Stored items
======

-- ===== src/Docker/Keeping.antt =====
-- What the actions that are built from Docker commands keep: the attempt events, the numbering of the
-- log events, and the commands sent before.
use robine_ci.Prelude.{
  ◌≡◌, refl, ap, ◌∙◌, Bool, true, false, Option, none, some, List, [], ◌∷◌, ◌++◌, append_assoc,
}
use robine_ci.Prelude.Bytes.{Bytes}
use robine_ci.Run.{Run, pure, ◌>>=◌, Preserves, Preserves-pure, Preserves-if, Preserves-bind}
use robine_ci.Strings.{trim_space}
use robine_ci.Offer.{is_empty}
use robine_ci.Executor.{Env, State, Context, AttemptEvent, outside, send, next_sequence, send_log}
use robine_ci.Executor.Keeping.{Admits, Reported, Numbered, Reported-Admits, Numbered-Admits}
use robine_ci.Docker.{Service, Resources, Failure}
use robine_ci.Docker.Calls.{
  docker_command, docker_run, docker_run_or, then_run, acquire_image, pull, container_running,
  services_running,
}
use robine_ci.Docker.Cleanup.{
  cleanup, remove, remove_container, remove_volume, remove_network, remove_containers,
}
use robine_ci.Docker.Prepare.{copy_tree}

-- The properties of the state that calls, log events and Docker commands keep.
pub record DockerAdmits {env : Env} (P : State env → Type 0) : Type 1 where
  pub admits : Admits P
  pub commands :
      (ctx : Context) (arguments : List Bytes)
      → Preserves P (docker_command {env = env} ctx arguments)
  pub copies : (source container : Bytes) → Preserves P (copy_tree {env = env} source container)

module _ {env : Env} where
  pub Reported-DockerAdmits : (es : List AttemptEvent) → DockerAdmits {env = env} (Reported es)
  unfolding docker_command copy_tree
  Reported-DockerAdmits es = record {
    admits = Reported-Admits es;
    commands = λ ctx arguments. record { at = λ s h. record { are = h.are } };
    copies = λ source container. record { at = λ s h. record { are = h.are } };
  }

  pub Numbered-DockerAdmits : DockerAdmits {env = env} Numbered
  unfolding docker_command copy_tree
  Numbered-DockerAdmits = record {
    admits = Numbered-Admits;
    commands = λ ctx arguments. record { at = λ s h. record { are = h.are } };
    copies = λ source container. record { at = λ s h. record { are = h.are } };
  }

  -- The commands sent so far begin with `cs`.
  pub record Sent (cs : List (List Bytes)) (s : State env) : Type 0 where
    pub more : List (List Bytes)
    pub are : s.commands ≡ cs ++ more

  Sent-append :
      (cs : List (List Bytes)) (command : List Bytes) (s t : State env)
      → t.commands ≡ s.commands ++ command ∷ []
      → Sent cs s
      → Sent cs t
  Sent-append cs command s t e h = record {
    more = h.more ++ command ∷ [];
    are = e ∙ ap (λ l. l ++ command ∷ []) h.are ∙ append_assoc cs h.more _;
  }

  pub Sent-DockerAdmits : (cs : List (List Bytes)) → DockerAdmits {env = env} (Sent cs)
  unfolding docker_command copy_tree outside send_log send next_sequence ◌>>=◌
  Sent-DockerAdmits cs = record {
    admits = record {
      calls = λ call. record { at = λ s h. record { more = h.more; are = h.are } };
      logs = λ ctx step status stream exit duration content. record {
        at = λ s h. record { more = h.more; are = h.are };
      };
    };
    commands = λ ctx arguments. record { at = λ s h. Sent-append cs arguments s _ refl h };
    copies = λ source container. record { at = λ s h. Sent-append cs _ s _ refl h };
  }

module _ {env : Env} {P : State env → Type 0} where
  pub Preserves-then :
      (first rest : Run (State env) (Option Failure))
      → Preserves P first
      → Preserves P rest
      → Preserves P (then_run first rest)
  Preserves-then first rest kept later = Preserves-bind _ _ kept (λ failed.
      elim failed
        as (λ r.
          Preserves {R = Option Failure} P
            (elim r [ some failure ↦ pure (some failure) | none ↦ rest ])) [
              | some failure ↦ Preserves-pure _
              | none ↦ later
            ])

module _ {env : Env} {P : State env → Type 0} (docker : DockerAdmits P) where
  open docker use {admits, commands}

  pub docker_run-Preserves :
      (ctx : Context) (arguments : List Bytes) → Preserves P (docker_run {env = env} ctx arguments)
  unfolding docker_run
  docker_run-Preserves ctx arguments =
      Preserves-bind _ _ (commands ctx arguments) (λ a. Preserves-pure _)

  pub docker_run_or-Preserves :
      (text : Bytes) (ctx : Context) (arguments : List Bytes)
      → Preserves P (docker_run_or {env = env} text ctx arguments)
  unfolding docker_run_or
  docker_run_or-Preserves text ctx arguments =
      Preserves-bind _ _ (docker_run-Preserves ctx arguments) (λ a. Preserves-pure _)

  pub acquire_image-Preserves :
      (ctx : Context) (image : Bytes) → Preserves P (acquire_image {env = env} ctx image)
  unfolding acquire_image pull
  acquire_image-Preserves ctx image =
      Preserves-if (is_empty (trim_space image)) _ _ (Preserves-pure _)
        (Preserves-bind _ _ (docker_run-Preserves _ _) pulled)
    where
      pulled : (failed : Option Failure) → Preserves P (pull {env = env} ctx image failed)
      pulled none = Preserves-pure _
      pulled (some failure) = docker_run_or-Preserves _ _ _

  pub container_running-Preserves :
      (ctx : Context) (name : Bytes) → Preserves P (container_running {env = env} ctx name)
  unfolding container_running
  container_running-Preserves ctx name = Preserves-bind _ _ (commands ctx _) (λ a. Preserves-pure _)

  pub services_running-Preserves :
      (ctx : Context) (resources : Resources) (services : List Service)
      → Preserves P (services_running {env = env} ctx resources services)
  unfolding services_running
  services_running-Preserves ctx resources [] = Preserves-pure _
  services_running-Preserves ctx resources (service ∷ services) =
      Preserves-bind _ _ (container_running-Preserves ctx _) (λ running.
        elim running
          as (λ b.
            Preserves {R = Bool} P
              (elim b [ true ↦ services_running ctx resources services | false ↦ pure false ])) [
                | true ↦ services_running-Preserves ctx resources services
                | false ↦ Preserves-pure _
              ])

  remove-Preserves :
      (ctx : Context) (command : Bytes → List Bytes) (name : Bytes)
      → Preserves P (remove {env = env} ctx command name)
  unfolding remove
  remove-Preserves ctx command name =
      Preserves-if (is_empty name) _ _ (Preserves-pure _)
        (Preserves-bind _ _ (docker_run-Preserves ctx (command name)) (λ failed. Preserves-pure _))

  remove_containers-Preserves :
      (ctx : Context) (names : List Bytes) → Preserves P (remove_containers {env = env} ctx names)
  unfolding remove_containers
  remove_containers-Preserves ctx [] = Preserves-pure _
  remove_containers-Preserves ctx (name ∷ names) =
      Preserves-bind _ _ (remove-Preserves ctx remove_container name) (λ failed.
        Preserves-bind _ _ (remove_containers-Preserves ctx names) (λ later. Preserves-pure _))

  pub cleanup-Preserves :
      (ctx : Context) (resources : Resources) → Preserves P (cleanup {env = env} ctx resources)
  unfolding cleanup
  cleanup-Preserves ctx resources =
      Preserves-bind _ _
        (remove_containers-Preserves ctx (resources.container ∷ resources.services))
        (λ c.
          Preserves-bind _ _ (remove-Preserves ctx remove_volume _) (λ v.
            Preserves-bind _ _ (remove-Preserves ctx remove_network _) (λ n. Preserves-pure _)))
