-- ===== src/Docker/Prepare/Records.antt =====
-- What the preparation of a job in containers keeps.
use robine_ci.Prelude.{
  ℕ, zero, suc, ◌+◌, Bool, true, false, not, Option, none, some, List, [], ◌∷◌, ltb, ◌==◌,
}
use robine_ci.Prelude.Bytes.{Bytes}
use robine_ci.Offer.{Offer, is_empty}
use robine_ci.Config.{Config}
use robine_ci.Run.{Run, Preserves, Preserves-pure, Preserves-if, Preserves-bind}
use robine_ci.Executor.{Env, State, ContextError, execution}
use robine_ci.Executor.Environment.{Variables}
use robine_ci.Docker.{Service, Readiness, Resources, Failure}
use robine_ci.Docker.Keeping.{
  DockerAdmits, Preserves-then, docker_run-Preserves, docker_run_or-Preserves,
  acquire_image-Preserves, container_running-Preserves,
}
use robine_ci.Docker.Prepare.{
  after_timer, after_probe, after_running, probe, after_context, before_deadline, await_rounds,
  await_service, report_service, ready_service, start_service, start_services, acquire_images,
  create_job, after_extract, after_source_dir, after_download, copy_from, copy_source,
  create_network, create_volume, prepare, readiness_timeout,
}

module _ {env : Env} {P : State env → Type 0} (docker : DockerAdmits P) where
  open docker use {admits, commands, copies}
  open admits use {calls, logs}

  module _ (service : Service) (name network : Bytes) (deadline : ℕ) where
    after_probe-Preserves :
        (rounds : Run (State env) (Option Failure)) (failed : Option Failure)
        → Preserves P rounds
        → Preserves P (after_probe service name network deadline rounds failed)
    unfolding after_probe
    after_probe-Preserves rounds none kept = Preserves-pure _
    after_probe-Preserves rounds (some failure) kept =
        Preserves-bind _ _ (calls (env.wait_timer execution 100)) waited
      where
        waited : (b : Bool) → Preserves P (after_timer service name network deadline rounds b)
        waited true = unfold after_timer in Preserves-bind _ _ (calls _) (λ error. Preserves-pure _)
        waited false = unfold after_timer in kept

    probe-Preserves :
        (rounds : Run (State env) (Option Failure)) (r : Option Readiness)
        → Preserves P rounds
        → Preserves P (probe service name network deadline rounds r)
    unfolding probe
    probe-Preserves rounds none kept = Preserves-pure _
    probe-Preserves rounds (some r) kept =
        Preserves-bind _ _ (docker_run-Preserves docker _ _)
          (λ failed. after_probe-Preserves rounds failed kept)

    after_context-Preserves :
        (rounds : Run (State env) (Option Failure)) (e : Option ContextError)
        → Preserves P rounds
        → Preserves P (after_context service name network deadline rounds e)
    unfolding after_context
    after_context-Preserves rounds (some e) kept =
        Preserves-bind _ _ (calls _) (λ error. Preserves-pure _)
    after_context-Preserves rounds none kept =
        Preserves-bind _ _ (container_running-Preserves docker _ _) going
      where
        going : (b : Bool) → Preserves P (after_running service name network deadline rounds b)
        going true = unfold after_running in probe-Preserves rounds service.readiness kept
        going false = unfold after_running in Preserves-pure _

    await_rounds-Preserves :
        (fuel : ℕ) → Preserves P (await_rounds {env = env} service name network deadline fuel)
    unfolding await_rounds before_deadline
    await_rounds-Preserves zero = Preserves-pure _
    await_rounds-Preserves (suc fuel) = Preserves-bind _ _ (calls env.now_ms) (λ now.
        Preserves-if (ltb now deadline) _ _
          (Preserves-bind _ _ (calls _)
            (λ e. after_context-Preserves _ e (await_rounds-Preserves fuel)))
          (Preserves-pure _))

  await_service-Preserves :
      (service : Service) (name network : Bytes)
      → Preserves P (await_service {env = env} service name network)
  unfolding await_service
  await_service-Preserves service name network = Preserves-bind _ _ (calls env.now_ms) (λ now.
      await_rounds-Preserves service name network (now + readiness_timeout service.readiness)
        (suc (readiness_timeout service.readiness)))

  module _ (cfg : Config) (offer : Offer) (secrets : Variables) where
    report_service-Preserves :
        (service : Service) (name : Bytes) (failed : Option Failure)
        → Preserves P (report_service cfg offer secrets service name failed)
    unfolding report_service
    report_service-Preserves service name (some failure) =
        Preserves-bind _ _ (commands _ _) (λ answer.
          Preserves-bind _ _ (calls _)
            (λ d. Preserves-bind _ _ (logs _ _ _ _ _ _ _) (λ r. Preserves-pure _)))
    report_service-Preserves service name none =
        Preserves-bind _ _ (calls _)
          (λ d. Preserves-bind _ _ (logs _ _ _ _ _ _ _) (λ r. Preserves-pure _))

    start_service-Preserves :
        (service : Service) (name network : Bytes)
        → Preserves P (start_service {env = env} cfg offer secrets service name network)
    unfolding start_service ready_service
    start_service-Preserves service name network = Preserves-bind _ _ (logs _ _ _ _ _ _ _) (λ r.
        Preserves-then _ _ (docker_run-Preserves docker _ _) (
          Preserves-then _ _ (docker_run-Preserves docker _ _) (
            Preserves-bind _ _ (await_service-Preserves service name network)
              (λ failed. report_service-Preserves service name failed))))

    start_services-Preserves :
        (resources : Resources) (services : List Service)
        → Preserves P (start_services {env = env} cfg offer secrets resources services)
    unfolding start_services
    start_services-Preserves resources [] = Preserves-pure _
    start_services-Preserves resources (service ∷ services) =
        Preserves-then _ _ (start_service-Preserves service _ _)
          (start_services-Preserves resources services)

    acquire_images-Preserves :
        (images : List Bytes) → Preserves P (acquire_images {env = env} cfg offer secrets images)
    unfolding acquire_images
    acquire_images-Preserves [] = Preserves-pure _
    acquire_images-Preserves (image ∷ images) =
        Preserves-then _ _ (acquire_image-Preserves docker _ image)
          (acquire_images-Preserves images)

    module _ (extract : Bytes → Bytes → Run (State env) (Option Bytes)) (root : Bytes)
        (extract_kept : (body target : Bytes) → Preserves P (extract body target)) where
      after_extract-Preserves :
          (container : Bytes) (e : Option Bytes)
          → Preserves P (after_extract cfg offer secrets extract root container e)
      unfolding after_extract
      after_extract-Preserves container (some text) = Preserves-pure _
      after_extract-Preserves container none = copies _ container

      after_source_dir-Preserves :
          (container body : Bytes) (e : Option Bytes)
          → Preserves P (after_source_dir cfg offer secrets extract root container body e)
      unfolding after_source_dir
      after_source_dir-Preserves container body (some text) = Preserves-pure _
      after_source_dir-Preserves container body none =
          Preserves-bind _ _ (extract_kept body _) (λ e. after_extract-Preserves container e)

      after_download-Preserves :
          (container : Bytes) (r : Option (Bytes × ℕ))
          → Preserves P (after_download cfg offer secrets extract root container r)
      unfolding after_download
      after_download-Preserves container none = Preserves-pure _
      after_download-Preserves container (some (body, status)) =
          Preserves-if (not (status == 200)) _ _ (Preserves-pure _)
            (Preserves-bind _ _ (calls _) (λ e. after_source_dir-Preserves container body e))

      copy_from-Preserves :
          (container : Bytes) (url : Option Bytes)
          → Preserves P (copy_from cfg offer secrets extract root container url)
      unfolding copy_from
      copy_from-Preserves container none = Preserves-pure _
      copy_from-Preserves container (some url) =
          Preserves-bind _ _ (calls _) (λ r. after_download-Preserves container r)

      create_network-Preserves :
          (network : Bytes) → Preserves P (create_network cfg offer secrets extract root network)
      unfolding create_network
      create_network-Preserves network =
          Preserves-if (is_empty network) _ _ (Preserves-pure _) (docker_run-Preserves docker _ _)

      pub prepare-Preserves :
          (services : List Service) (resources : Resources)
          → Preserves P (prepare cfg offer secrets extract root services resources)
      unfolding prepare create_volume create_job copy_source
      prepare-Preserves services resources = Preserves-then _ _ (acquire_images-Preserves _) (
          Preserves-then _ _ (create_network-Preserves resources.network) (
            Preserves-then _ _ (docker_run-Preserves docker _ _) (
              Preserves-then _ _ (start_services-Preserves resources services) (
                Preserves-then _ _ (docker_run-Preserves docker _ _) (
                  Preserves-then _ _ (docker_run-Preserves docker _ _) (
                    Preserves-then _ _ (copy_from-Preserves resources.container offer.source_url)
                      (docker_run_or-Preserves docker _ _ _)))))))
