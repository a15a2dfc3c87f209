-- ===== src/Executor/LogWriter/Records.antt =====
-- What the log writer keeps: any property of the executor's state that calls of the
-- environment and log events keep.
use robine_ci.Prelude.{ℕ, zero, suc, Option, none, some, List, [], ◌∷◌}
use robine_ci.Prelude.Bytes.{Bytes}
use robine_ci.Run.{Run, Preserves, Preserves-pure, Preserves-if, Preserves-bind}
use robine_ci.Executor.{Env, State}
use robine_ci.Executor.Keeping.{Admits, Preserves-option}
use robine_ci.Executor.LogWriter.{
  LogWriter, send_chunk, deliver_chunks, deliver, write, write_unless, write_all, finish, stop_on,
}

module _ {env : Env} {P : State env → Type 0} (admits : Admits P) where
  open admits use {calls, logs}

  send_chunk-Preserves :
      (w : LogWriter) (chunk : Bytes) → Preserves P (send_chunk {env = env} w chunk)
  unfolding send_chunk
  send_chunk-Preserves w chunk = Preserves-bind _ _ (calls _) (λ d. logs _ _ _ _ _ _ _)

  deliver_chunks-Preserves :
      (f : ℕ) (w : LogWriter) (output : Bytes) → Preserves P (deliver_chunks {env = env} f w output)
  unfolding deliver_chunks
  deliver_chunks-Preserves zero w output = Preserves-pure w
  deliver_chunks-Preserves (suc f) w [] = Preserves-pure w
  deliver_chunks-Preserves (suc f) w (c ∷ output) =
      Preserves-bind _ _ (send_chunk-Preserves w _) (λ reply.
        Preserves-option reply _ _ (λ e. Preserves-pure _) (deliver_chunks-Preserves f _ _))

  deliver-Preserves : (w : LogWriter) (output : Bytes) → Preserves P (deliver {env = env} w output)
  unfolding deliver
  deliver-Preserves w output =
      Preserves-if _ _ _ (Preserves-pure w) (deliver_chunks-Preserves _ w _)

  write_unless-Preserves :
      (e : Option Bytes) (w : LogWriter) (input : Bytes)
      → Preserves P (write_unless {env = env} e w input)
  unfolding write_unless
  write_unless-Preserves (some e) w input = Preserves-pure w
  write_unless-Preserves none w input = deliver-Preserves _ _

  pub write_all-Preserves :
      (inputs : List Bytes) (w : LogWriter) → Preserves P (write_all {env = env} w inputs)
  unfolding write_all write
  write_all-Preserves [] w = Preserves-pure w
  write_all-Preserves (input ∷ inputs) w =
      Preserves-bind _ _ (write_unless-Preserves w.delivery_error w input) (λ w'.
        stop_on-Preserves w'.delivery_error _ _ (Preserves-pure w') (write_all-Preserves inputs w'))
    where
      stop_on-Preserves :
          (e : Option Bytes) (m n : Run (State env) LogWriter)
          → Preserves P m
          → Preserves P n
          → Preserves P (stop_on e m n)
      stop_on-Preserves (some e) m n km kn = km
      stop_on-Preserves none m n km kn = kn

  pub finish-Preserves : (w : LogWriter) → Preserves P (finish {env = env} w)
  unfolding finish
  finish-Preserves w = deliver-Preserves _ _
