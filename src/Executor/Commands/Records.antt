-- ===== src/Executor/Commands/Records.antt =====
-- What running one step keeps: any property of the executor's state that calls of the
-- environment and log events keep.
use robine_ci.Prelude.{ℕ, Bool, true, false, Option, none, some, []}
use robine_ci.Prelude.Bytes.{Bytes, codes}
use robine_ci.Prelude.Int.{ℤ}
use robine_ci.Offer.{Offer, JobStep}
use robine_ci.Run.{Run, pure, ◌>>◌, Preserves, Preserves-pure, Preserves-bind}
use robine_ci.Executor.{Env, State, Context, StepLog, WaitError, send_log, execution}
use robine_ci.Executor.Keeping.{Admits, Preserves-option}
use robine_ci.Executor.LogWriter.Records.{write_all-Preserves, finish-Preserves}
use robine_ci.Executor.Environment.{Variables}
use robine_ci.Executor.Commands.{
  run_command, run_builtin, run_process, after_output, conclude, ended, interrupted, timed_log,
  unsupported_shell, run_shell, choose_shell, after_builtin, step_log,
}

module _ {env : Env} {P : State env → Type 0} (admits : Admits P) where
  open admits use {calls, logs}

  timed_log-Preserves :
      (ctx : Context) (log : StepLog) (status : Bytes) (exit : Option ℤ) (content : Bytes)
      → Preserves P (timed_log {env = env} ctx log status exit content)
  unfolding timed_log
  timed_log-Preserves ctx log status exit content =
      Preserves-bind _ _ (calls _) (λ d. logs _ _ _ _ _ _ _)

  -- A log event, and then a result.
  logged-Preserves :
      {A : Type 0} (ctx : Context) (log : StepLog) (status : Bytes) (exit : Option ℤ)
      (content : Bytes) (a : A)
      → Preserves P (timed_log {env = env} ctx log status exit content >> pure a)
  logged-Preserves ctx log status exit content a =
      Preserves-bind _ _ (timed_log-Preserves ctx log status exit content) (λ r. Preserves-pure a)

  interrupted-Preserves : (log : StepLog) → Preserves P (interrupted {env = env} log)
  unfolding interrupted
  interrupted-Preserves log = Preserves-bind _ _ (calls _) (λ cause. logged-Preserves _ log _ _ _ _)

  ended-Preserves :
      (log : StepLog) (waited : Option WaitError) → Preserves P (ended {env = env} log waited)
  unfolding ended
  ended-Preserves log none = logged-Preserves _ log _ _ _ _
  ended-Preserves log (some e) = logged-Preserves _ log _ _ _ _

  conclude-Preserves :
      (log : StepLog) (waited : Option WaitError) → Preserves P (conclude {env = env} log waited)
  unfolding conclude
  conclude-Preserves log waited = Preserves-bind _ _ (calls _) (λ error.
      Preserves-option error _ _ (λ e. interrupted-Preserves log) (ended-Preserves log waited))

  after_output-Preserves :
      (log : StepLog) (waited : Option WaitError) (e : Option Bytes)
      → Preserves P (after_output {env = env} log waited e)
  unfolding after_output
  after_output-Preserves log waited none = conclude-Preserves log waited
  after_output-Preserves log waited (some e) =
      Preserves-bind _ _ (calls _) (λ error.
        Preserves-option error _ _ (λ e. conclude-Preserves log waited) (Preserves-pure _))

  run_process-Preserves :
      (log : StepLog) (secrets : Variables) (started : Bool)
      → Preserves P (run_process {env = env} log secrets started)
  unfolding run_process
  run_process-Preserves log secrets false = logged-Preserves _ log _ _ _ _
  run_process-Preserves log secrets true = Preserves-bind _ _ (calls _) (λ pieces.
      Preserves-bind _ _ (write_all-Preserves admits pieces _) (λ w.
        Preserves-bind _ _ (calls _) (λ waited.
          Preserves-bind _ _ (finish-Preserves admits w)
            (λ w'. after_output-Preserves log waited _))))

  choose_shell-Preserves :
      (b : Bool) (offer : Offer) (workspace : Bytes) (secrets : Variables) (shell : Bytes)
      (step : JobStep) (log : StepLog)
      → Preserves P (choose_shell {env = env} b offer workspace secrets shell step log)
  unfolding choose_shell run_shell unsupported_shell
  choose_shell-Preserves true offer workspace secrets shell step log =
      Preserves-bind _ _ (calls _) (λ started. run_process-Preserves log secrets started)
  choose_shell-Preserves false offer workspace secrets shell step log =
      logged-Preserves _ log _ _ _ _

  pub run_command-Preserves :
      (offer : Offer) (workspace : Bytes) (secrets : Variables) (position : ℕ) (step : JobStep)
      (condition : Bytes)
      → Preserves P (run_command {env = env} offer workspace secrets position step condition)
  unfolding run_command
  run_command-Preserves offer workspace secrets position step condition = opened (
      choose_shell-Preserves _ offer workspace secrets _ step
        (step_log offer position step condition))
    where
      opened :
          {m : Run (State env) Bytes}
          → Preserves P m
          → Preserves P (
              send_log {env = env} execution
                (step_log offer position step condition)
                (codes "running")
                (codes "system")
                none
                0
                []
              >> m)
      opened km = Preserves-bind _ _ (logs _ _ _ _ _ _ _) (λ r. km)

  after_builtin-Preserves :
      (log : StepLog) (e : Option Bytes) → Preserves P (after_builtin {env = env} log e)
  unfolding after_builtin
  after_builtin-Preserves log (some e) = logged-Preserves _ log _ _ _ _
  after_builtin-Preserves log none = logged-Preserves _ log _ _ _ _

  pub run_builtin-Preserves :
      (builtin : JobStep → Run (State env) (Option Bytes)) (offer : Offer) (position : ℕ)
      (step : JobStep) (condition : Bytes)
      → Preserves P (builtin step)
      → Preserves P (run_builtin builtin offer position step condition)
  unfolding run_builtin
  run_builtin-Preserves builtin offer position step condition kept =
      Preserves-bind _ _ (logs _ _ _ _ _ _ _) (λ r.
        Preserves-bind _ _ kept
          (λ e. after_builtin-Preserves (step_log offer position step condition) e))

======

What this exercise asks for is every line of the data above with the word "events".

-- What the actions that are built from Docker commands keep: the attempt events, the numbering of the
-- log events, and the commands sent before.
-- The properties of the state that calls, log events and Docker commands keep.
-- environment and log events keep.
-- environment and log events keep.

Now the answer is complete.